Toast, Inc. (NYSE: TOST) reported fourth‑quarter and full‑year 2025 results on February 12, 2026. Revenue reached $1.63 billion, a 22% year‑over‑year increase, while earnings per share were $0.16, falling short of the consensus estimate of $0.24.
Adjusted EBITDA for the quarter was $163 million, giving a margin of 34% that matches the full‑year 2025 margin. The margin expansion reflects a higher mix of high‑margin subscription services and the continued scaling of the company’s AI‑driven platform.

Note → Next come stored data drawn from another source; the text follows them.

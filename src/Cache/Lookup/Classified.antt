-- ===== src/Cache/Lookup/Classified.antt =====
-- DecompCache::Lookup in Skyrim/src/DecompCache.cpp: its outcomes.
use faster_file_copy.Prelude.{
  ℕ, ◌-◌, ◌<◌, ◌≡◌, ◌≢◌, ◌⊎◌, Bool, true, false, Option, none, some, List,
}
use faster_file_copy.Policy.Warm.{is_range_warm}
use faster_file_copy.Cache.State.{
  MappedView, CachedEntry, LookupResult, ArchiveCache, DecompCache, Settings, find,
}
use faster_file_copy.Cache.Lookup.{lookup}
use faster_file_copy.Cache.Lookup.Corrupt.{Corrupt}

-- Why a lookup has no answer although it verifies nothing.
pub data Miss (cfg : Settings) (archive start : ℕ) (caches : List (ℕ × ArchiveCache))
    (views : ℕ → MappedView) : Type 0 where
  no_cache : find caches archive ≡ none → Miss cfg archive start caches views
  no_view :
      (c : ArchiveCache)
      → find caches archive ≡ some c
      → c.view ≡ none
      → Miss cfg archive start caches views
  retired_before :
      (c : ArchiveCache) (v : ℕ)
      → find caches archive ≡ some c
      → c.view ≡ some v
      → ((views v).unusable ≡ true) ⊎ (c.disk_invalidated ≡ true)
      → Miss cfg archive start caches views
  no_entry :
      (c : ArchiveCache)
      → find caches archive ≡ some c
      → find c.index start ≡ none
      → Miss cfg archive start caches views
  no_address :
      (c : ArchiveCache) (e : CachedEntry)
      → find caches archive ≡ some c
      → find c.index start ≡ some e
      → e.data_address ≡ none
      → Miss cfg archive start caches views
  outside :
      (c : ArchiveCache) (v : ℕ) (e : CachedEntry) (address : ℕ)
      → find caches archive ≡ some c
      → c.view ≡ some v
      → find c.index start ≡ some e
      → e.data_address ≡ some address
      → address < (views v).base
      → Miss cfg archive start caches views
  not_warm :
      (c : ArchiveCache) (v : ℕ) (e : CachedEntry) (address : ℕ)
      → find caches archive ≡ some c
      → c.view ≡ some v
      → find c.index start ≡ some e
      → e.data_address ≡ some address
      → cfg.prefault_decomp_cache ≡ true
      → is_range_warm
          (address - (views v).base)
          e.size
          (views v).committed_size
          (views v).prefaulted_through
        ≡ false
      → Miss cfg archive start caches views

-- The other archives' caches are as they were, and this archive's cache has this flag.
pub record Flagged (archive : ℕ) (flag : Bool) (before after : List (ℕ × ArchiveCache))
    : Type 0 where
  pub others : (a : ℕ) → archive ≢ a → find after a ≡ find before a
  pub cache : ArchiveCache
  pub here : find after archive ≡ some cache
  pub flagged : cache.disk_invalidated ≡ flag

-- A corrupt entry was reached: its view, and no other, has become unusable, and its archive's cache file,
-- and no other, is to be replaced; from here on no lookup of this archive answers.
pub record Retirement (cfg : Settings) (read : ℕ → ℕ → Option (List ℕ)) (archive start : ℕ)
    (caches : List (ℕ × ArchiveCache)) (views : ℕ → MappedView) (after : DecompCache) : Type 0 where
  pub cache : ArchiveCache
  pub view : ℕ
  pub entry : CachedEntry
  pub address : ℕ
  pub cached : find caches archive ≡ some cache
  pub owned : cache.view ≡ some view
  pub indexed : find cache.index start ≡ some entry
  pub addressed : entry.data_address ≡ some address
  pub corrupt : Corrupt read address entry
  pub unusable : (after.views view).unusable ≡ true
  pub other_views : (v : ℕ) → view ≢ v → after.views v ≡ views v
  pub marked : Flagged archive true caches after.caches
  pub requested : after.flush_requested ≡ true
  pub no_more :
      (reads : ℕ → ℕ → Option (List ℕ)) (later offset : ℕ)
      → (lookup cfg reads later archive offset after).0 ≡ none

-- A lookup answers and retires nothing, or it misses and changes no cache and no view, or it retires the
-- view with a corrupt entry.
pub data Classified (cfg : Settings) (read : ℕ → ℕ → Option (List ℕ)) (archive start : ℕ)
    (caches : List (ℕ × ArchiveCache)) (views : ℕ → MappedView)
    (r : Option LookupResult × DecompCache) : Type 0 where
  hit :
      (x : LookupResult)
      → r.0 ≡ some x
      → r.1.views ≡ views
      → Flagged archive false caches r.1.caches
      → Classified cfg read archive start caches views r
  missed :
      r.0 ≡ none
      → r.1.views ≡ views
      → r.1.caches ≡ caches
      → Miss cfg archive start caches views
      → Classified cfg read archive start caches views r
  retired :
      r.0 ≡ none
      → Retirement cfg read archive start caches views r.1
      → Classified cfg read archive start caches views r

For the first quarter of fiscal 2026, Toast guided to revenue of $1.63 billion and adjusted EBITDA of $160–$170 million. Full‑year 2026 guidance projects subscription services and financial technology gross profit of $2.27–$2.30 billion and adjusted EBITDA of $775–$795 million, indicating confidence in sustained growth despite higher hardware costs.
CEO Aman Narang said, '2025 was a strong year for Toast, adding a record 30,000 net locations, growing recurring gross profit 33%, and delivering Adjusted EBITDA margins of 34%.' He added, 'Our results demonstrate the power of our focused strategy and consistent execution.' Narang also noted, 'Our results showcase the strength of our business model in what was another outstanding year for Toast. Net adds increased every quarter versus a year ago, and we added a record 30,000 net locations in 2025, ending the year with 164,000 locations. ARR grew 26%, and our recurring gross profit streams increased 33% for the year, an incredible accomplishment at our scale with over $2 billion in ARR and $195 billion in payment volume in 2025. On top of strong top‑line momentum, we are efficiently scaling the business through disciplined capital allocation and ongoing cost management.'
The revenue growth was driven by continued expansion of the company’s restaurant‑technology platform, while the EPS miss was largely attributable to higher hardware costs and the impact of memory‑chip price increases, which the company expects to offset in the next quarter. Toast’s board approved a $500 million increase to its share‑repurchase program, underscoring confidence in its cash‑generating ability and commitment to shareholder value.
Toast’s guidance signals that management expects the momentum in subscription services and fintech to continue, but it also acknowledges the cost pressures that could temper profitability in the near term.